## To do
A line belongs in the answer if it contains "FileRead"; copy every such line from the entries below.

## Material for this task

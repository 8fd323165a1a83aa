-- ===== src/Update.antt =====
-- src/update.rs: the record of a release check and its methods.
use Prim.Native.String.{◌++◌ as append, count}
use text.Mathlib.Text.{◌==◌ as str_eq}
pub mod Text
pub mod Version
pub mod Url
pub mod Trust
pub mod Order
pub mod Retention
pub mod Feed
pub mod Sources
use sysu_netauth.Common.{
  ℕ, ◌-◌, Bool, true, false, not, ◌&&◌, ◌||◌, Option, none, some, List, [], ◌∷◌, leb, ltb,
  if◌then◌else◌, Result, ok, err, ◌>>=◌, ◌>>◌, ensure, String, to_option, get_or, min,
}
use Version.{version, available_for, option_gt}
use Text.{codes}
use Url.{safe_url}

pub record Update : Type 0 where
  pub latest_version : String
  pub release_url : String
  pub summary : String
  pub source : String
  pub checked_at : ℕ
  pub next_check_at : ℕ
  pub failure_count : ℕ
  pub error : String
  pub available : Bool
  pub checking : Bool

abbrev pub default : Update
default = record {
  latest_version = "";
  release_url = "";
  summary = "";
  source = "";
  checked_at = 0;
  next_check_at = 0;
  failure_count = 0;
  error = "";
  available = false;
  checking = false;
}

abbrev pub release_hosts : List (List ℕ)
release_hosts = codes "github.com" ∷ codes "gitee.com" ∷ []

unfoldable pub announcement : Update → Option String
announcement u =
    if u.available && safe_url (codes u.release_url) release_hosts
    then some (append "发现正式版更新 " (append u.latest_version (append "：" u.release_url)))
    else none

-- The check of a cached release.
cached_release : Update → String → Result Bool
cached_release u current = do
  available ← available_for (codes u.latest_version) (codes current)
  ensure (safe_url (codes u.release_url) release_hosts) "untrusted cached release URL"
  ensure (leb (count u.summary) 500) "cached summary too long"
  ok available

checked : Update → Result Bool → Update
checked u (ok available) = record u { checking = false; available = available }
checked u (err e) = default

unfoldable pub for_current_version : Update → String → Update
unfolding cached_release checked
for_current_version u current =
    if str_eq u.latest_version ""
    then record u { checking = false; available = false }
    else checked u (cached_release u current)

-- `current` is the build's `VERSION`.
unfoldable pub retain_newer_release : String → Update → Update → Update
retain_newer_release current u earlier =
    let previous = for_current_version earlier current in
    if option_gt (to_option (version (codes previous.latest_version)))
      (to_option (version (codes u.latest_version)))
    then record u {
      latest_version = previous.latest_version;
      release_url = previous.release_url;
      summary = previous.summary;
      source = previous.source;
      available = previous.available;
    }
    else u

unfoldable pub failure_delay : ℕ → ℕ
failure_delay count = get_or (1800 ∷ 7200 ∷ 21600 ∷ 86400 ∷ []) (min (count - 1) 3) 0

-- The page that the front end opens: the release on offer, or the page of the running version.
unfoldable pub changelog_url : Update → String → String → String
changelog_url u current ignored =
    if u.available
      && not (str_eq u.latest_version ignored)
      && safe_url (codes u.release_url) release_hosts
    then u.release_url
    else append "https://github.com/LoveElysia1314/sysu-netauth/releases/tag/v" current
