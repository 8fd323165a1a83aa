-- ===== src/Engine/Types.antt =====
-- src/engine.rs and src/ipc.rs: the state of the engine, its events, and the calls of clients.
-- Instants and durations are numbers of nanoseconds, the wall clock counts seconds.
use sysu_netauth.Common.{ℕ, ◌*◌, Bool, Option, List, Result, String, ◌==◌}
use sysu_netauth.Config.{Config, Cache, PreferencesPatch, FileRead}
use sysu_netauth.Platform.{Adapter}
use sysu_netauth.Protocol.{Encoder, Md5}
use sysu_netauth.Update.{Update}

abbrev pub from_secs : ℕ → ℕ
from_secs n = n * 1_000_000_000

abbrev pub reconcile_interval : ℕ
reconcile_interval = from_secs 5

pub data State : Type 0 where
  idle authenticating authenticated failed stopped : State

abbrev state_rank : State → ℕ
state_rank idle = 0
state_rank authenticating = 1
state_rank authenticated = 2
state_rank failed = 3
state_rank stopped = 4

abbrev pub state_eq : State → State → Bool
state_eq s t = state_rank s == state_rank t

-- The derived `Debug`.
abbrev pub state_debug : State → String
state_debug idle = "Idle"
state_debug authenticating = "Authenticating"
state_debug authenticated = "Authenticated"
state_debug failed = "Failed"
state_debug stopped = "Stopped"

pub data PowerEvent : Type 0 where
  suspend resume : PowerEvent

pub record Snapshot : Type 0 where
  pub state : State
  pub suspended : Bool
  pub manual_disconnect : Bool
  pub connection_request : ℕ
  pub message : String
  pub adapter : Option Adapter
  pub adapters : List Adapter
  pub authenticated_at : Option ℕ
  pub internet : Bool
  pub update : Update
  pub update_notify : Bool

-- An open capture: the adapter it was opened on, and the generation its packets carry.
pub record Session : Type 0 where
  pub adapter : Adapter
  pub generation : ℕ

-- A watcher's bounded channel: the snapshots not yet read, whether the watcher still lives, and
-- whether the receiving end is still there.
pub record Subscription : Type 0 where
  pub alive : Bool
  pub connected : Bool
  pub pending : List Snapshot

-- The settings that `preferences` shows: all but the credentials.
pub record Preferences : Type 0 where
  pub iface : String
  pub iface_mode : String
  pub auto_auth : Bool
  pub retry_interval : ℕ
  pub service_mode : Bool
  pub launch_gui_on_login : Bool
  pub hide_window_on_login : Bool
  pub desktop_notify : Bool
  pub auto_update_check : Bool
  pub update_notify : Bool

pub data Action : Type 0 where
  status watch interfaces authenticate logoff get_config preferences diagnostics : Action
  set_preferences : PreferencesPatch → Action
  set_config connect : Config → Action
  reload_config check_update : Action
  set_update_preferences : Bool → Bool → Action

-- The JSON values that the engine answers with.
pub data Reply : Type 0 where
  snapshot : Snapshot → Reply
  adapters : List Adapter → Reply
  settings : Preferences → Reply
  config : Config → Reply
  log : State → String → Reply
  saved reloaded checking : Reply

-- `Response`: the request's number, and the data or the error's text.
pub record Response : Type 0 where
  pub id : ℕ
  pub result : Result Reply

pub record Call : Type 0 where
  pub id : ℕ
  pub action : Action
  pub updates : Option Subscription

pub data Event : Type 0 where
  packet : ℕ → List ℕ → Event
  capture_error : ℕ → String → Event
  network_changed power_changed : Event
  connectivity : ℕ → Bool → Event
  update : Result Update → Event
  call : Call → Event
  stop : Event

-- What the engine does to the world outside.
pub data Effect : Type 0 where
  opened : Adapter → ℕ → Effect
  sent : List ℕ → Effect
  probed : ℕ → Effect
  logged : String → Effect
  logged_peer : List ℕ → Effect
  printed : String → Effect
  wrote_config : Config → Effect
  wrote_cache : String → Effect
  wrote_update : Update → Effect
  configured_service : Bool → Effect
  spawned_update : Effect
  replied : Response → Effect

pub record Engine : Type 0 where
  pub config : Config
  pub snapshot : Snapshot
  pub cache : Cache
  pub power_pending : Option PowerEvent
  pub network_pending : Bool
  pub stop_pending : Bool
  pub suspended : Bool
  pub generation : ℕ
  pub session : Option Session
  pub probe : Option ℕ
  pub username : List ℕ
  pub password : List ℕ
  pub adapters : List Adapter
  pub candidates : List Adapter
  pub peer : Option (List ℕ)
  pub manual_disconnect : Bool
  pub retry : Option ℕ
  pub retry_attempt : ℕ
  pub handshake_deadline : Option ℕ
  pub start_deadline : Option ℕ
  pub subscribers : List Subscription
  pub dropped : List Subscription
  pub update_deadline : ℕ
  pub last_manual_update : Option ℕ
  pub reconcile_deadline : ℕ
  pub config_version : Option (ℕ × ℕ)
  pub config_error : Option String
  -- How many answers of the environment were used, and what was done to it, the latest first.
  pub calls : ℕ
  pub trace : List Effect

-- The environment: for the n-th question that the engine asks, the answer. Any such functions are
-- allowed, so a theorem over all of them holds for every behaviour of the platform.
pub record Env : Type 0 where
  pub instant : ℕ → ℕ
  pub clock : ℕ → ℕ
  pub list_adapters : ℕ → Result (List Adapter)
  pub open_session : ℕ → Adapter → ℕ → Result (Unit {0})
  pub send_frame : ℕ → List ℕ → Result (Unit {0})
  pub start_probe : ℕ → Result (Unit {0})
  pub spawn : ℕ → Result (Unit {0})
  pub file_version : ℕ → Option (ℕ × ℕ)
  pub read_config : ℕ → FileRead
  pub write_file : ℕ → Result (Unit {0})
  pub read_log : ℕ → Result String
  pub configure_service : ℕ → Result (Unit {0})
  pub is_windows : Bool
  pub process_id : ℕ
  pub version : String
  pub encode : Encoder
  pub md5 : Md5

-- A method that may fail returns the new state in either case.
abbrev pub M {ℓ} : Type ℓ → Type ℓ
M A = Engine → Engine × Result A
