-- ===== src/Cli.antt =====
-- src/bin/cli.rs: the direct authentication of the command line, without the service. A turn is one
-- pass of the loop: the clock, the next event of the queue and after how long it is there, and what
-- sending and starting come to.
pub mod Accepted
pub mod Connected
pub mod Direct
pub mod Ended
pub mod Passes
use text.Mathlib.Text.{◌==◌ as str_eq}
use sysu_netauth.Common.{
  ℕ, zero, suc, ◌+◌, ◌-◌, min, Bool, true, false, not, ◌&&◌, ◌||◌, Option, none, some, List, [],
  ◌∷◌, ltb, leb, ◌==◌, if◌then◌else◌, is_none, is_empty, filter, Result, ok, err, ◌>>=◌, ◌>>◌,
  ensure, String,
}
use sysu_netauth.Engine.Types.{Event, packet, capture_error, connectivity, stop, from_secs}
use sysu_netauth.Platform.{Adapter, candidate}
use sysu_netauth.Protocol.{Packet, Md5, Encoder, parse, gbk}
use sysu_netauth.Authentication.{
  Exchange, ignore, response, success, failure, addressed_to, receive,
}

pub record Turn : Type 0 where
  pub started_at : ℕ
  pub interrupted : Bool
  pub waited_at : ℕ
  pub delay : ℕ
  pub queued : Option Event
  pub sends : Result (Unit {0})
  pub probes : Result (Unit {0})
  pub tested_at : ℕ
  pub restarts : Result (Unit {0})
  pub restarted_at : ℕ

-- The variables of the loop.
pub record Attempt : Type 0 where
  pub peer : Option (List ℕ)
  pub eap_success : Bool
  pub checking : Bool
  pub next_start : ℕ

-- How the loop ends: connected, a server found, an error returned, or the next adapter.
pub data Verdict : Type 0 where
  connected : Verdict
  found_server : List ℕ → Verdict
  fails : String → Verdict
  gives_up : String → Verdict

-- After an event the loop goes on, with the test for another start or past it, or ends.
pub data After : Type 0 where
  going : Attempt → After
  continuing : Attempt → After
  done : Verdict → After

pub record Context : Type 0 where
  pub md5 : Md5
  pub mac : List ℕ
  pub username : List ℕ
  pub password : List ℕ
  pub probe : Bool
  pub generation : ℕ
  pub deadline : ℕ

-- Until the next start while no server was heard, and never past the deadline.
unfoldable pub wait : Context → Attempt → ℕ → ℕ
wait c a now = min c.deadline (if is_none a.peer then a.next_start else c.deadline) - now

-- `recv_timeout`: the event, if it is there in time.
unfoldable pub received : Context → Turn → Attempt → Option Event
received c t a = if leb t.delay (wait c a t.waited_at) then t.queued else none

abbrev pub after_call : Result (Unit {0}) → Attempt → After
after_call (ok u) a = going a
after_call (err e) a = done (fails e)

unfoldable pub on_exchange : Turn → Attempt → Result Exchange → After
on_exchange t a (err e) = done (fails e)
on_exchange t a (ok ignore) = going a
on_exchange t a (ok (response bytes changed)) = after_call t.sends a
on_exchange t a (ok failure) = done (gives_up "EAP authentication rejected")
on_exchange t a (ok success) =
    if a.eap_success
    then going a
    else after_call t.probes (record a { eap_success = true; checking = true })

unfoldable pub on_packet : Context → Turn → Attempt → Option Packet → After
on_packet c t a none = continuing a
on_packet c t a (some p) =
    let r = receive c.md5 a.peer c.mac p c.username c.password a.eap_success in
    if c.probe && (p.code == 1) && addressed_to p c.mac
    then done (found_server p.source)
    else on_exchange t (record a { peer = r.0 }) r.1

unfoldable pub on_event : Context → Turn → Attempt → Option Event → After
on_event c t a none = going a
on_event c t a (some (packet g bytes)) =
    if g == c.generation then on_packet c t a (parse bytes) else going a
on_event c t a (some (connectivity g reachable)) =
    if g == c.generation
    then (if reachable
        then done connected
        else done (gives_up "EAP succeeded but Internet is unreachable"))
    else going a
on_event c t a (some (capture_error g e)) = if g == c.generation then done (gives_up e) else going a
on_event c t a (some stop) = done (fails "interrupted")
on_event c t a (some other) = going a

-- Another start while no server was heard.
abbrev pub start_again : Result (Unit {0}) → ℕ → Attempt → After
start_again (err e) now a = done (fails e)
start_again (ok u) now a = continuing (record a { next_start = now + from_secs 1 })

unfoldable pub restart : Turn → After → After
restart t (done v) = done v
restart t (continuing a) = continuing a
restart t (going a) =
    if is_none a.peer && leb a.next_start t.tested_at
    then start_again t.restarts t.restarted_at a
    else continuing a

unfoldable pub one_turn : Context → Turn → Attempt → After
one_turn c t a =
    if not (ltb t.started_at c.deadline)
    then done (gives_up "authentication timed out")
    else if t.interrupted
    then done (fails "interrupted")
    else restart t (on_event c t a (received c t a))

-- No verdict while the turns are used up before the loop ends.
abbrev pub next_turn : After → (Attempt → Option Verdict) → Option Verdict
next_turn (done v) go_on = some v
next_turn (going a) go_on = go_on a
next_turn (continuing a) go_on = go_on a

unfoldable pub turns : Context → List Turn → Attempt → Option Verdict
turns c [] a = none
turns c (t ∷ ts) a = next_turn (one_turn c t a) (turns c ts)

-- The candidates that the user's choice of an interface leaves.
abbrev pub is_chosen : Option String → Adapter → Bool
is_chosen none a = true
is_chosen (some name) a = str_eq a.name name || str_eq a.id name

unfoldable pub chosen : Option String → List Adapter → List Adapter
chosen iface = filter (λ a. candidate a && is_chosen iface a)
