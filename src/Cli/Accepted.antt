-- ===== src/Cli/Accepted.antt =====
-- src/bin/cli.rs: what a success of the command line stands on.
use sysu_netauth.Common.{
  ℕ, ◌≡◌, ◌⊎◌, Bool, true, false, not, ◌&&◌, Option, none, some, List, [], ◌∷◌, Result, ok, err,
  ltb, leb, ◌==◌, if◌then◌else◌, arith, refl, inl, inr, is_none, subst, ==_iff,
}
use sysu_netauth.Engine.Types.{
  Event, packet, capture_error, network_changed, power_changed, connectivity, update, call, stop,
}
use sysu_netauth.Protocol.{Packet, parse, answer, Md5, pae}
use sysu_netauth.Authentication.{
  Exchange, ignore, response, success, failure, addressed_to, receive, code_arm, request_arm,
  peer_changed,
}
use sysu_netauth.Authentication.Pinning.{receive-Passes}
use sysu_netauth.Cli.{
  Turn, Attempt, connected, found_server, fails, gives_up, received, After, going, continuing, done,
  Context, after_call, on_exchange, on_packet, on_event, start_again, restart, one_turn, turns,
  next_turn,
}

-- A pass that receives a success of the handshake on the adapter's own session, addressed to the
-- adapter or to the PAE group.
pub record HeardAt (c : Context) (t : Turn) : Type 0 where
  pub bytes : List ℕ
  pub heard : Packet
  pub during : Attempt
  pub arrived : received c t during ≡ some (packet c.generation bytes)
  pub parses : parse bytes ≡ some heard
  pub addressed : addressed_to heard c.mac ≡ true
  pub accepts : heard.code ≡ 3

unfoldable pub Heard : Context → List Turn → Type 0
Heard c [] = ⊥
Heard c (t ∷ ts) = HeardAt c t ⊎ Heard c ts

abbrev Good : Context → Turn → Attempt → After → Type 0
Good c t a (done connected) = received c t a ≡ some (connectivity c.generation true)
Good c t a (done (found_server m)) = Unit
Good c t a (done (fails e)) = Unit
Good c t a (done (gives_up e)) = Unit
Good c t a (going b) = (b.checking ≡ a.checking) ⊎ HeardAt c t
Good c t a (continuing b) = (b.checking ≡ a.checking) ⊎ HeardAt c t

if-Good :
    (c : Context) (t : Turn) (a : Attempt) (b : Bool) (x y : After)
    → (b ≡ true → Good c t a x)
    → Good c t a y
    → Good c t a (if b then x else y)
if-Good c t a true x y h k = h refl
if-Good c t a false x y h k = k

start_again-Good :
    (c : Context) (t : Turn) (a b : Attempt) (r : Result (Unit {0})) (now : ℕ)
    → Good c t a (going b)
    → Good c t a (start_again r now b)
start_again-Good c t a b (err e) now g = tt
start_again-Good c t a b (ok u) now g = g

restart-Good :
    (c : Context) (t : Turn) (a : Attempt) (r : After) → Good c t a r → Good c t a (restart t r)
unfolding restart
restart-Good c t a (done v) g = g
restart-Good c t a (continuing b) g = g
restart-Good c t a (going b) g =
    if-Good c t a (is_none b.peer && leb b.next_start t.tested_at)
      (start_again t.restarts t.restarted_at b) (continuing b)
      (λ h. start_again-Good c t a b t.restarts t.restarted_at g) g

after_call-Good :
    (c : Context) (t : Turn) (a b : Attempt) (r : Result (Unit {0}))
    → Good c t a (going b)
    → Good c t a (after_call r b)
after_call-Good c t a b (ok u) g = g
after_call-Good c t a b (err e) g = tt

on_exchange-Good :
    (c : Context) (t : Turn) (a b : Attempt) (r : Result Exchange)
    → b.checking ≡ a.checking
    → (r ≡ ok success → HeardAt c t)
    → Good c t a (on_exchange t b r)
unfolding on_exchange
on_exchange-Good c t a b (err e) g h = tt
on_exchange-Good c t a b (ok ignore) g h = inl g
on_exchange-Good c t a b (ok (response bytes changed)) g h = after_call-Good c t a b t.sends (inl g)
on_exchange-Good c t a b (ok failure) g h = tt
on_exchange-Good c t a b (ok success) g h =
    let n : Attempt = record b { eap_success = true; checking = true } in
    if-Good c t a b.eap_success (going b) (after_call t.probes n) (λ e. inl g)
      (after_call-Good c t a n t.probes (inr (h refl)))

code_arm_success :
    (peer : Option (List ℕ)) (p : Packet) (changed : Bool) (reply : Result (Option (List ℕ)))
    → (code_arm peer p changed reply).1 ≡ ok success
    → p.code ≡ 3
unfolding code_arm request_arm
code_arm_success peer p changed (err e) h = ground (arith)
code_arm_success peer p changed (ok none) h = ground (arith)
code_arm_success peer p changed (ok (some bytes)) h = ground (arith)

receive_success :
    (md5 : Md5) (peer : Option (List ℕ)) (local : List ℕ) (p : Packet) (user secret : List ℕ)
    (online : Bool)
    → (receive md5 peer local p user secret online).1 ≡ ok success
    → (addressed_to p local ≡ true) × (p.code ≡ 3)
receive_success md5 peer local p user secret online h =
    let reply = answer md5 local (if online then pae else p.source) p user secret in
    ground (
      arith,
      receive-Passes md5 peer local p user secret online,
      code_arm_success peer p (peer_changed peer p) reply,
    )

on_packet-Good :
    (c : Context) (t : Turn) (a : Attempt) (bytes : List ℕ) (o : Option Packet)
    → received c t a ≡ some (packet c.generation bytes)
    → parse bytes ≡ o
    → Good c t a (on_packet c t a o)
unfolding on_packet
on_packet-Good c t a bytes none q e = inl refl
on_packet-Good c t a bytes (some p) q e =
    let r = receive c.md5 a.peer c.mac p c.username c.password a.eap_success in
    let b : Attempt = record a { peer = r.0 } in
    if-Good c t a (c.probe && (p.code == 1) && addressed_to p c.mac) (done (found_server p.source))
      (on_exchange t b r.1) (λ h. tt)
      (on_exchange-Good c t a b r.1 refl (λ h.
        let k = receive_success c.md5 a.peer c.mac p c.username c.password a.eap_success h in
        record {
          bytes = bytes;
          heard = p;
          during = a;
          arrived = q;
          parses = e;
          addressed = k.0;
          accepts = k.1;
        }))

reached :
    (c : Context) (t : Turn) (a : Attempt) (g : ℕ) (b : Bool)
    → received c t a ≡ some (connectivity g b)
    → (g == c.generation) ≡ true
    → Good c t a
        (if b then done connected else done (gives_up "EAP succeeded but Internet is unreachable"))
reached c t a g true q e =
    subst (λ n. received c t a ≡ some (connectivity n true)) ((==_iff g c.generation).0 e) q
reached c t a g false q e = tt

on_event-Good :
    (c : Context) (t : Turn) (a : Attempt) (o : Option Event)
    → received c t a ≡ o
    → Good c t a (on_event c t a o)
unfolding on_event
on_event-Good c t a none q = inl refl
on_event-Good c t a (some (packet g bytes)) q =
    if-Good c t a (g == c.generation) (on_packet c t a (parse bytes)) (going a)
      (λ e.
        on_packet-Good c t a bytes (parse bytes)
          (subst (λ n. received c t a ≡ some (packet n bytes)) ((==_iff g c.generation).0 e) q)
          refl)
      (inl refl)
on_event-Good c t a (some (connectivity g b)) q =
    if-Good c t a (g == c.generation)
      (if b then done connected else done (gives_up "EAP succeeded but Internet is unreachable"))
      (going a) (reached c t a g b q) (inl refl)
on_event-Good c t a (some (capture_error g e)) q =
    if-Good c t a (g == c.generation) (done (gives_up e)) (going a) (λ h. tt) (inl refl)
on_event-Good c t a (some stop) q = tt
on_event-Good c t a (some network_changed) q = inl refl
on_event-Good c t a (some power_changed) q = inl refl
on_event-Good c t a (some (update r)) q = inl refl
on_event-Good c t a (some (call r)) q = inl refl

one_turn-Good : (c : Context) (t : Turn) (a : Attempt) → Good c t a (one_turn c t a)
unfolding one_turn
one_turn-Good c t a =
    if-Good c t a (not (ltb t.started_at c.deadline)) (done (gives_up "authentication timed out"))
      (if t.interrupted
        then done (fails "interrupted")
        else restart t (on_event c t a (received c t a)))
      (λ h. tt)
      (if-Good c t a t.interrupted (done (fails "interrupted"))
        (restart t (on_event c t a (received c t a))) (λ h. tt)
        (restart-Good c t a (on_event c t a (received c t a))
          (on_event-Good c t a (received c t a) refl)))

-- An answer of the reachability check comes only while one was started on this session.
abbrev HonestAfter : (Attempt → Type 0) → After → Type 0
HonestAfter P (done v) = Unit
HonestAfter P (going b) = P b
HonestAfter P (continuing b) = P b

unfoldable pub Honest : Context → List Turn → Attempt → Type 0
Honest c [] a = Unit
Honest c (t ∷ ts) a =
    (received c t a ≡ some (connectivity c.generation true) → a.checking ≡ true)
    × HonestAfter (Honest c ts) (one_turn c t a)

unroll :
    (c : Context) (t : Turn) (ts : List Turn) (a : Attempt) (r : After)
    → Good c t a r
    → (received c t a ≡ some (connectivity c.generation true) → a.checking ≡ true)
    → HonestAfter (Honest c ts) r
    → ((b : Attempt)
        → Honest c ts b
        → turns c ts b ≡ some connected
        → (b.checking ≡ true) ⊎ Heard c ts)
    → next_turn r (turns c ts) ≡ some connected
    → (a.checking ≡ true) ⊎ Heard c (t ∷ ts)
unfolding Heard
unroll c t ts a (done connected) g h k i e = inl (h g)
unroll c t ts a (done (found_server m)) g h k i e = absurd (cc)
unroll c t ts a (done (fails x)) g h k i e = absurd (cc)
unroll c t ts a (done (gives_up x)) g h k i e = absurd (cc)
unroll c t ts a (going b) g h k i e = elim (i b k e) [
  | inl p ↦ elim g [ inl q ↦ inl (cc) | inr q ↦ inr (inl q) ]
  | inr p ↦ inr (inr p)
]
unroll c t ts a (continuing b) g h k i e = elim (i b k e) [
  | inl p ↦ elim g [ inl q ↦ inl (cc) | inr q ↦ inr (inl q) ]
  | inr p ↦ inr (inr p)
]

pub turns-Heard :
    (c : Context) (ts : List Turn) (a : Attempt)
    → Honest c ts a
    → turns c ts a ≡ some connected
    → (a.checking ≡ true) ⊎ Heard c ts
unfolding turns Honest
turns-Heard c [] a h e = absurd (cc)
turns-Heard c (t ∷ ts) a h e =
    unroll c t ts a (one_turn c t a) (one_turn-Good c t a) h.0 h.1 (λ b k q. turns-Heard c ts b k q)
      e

## Task response
use sysu_netauth.Config.{Config, Cache, PreferencesPatch, FileRead}
  pub read_config : ℕ → FileRead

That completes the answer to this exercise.